::: Exercise materials :::

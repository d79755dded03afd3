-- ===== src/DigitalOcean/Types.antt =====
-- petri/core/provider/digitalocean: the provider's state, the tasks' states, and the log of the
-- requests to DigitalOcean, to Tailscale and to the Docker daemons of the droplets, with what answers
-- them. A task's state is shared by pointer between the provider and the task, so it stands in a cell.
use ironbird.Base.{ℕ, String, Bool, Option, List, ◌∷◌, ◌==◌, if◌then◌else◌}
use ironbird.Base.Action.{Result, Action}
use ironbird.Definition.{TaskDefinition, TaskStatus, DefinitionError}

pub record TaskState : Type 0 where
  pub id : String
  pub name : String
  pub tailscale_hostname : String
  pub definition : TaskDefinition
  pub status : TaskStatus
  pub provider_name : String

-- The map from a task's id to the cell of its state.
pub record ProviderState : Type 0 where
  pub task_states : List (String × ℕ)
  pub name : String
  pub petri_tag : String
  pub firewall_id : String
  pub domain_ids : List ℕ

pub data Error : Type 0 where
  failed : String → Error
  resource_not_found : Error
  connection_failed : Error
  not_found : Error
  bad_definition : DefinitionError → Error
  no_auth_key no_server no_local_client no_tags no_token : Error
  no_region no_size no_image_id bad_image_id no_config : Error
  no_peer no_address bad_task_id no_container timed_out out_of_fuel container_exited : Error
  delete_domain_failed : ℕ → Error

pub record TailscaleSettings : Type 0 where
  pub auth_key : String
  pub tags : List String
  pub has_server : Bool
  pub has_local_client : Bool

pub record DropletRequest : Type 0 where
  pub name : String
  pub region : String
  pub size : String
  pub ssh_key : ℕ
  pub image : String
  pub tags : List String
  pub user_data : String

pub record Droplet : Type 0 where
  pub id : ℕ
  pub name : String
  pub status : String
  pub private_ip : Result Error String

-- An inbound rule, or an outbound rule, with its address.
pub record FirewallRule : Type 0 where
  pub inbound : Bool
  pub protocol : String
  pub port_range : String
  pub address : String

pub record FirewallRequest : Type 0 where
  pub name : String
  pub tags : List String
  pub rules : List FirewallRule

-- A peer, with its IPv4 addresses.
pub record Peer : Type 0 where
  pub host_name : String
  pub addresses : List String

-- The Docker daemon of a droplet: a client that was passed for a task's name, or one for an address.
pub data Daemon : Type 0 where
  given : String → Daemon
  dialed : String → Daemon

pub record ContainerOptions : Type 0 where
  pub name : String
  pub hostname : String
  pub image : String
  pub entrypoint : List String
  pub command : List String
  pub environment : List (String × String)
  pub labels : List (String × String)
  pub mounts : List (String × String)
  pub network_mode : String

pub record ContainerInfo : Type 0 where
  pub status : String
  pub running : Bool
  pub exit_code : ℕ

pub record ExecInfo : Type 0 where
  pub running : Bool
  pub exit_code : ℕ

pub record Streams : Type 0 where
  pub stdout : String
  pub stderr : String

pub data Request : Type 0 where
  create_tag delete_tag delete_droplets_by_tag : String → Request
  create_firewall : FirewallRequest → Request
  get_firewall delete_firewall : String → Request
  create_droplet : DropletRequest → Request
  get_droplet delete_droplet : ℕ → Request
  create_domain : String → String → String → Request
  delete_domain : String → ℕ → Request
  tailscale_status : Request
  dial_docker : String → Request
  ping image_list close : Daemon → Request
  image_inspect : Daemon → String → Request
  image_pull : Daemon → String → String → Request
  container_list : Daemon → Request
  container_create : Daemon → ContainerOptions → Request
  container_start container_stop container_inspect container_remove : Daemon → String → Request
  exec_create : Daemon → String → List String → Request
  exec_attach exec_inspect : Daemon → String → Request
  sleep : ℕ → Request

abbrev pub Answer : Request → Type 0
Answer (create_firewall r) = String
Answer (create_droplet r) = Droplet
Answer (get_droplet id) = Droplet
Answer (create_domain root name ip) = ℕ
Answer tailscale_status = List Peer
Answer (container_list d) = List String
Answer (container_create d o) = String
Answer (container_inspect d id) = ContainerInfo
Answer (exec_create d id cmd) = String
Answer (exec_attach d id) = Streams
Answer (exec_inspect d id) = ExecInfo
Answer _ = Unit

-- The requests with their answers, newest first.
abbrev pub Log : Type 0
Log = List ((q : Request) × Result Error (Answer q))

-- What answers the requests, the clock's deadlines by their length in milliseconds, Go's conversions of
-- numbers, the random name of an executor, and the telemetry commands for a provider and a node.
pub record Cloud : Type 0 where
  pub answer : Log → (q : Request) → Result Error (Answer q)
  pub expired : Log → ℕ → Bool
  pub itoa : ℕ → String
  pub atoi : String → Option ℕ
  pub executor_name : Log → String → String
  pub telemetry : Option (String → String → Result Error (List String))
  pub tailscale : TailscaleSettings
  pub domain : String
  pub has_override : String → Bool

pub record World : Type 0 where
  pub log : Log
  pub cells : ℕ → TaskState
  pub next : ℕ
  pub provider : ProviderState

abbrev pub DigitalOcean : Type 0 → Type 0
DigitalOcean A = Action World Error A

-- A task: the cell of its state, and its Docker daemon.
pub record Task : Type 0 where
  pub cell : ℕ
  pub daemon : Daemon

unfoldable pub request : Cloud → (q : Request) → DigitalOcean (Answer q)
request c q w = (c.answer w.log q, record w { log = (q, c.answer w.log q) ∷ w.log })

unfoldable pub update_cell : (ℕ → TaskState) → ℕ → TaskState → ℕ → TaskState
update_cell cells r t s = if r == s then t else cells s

:::

### What the exercise asks
Look above for the line holding "given : String → Daemon", then set down exactly that line and every line after it up to and including the line holding "pub environment : List (String × String)", with nothing else.

### Expected output
  given : String → Daemon
  dialed : String → Daemon

pub record ContainerOptions : Type 0 where
  pub name : String
  pub hostname : String
  pub image : String
  pub entrypoint : List String
  pub command : List String
  pub environment : List (String × String)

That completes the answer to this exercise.